::: EXERCISE MATERIALS

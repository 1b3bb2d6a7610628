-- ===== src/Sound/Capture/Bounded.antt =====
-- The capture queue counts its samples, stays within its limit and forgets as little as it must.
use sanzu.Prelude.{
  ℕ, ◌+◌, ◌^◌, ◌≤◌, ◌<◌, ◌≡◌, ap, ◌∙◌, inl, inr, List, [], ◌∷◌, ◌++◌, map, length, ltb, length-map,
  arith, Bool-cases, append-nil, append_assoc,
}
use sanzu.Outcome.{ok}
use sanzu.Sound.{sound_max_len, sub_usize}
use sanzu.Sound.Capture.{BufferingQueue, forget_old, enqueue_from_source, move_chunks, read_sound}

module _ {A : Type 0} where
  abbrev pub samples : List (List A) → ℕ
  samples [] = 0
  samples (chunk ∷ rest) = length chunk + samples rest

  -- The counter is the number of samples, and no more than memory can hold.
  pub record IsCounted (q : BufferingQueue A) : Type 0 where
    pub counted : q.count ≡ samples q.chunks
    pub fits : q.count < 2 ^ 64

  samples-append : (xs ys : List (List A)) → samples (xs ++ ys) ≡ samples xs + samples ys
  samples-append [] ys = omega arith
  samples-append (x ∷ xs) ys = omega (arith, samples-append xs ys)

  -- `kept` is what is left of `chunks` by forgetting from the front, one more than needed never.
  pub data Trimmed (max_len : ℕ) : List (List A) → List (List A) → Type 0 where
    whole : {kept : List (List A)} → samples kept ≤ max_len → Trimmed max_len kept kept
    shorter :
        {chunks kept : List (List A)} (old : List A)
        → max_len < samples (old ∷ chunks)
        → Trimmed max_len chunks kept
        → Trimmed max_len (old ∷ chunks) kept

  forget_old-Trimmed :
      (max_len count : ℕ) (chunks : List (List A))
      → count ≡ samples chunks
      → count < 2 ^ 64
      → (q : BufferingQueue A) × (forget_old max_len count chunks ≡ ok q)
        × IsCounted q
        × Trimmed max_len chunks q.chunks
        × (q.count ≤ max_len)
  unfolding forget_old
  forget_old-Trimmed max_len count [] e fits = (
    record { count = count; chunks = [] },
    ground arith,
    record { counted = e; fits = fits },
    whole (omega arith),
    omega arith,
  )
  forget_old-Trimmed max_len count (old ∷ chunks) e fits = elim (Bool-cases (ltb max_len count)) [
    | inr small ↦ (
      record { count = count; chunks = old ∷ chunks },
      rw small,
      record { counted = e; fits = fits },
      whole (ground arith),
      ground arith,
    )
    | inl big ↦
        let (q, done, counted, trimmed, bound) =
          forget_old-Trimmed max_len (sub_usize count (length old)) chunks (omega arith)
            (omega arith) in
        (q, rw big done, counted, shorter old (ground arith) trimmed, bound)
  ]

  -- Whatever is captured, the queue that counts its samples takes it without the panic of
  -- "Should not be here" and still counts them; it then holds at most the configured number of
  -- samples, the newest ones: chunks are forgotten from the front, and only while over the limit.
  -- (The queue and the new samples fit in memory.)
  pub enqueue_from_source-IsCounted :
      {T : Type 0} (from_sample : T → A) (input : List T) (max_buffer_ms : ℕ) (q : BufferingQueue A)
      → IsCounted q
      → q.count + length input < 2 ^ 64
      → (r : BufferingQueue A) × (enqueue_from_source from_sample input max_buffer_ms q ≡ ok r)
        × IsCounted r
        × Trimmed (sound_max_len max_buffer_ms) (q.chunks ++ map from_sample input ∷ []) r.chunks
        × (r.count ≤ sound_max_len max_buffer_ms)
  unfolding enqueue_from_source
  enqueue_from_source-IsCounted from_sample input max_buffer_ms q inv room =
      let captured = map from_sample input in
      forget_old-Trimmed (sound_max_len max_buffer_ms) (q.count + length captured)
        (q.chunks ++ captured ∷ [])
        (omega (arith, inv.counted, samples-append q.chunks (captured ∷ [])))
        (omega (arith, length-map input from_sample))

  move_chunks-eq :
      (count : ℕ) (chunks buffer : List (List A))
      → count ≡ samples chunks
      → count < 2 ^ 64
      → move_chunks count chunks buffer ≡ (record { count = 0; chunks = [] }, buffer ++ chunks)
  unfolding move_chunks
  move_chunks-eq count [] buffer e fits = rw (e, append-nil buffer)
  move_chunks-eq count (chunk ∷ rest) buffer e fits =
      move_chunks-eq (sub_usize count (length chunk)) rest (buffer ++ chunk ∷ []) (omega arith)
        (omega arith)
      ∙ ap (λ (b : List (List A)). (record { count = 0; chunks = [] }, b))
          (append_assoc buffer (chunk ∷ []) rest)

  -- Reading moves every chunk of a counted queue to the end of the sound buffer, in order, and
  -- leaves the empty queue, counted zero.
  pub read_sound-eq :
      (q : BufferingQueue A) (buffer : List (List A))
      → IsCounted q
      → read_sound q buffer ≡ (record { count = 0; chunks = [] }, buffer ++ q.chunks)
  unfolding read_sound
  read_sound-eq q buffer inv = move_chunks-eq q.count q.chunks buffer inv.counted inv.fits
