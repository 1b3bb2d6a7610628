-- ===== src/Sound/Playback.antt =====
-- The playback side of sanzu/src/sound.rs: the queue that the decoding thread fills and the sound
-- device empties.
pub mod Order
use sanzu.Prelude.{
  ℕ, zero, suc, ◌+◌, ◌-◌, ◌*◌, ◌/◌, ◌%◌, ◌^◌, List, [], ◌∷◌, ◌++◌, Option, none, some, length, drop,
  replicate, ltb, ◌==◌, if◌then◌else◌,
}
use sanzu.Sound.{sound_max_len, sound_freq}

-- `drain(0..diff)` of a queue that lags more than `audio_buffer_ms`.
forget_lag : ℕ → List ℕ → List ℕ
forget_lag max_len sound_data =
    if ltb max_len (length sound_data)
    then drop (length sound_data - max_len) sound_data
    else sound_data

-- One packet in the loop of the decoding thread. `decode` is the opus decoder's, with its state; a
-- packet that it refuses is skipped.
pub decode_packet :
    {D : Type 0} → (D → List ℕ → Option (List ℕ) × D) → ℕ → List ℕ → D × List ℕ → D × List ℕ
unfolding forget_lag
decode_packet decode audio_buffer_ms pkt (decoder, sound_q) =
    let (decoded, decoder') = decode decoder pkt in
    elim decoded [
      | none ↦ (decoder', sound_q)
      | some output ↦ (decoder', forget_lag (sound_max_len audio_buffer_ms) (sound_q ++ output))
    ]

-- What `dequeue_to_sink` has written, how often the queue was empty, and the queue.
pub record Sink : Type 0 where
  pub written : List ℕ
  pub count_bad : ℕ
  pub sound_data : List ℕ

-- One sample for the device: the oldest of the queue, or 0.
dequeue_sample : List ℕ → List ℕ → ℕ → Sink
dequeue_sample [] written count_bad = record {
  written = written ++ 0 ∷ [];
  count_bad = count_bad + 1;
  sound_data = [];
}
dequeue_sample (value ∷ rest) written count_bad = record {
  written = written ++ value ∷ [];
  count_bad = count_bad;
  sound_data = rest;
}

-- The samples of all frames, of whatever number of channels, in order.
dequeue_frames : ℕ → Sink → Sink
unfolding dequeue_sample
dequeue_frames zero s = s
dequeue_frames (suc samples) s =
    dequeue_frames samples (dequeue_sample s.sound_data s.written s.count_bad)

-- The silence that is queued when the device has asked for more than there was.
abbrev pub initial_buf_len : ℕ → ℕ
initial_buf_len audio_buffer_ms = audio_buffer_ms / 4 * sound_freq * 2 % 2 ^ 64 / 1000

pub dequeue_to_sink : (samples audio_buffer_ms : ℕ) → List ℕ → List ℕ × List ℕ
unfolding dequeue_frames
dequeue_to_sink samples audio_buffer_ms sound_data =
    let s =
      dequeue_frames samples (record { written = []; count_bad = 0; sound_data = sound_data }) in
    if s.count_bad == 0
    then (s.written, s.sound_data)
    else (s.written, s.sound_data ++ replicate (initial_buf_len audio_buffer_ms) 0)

::::::

### GOAL OF THE EXERCISE
Look back at the data above. Transcribe exactly the lines starting at the line that contains "count_bad = count_bad + 1;" and ending at the line that contains "initial_buf_len audio_buffer_ms = audio_buffer_ms".

### RESPONSE BOX
  count_bad = count_bad + 1;
  sound_data = [];
}
dequeue_sample (value ∷ rest) written count_bad = record {
  written = written ++ value ∷ [];
  count_bad = count_bad;
  sound_data = rest;
}

-- The samples of all frames, of whatever number of channels, in order.
dequeue_frames : ℕ → Sink → Sink
unfolding dequeue_sample
dequeue_frames zero s = s
dequeue_frames (suc samples) s =
    dequeue_frames samples (dequeue_sample s.sound_data s.written s.count_bad)

-- The silence that is queued when the device has asked for more than there was.
abbrev pub initial_buf_len : ℕ → ℕ
initial_buf_len audio_buffer_ms = audio_buffer_ms / 4 * sound_freq * 2 % 2 ^ 64 / 1000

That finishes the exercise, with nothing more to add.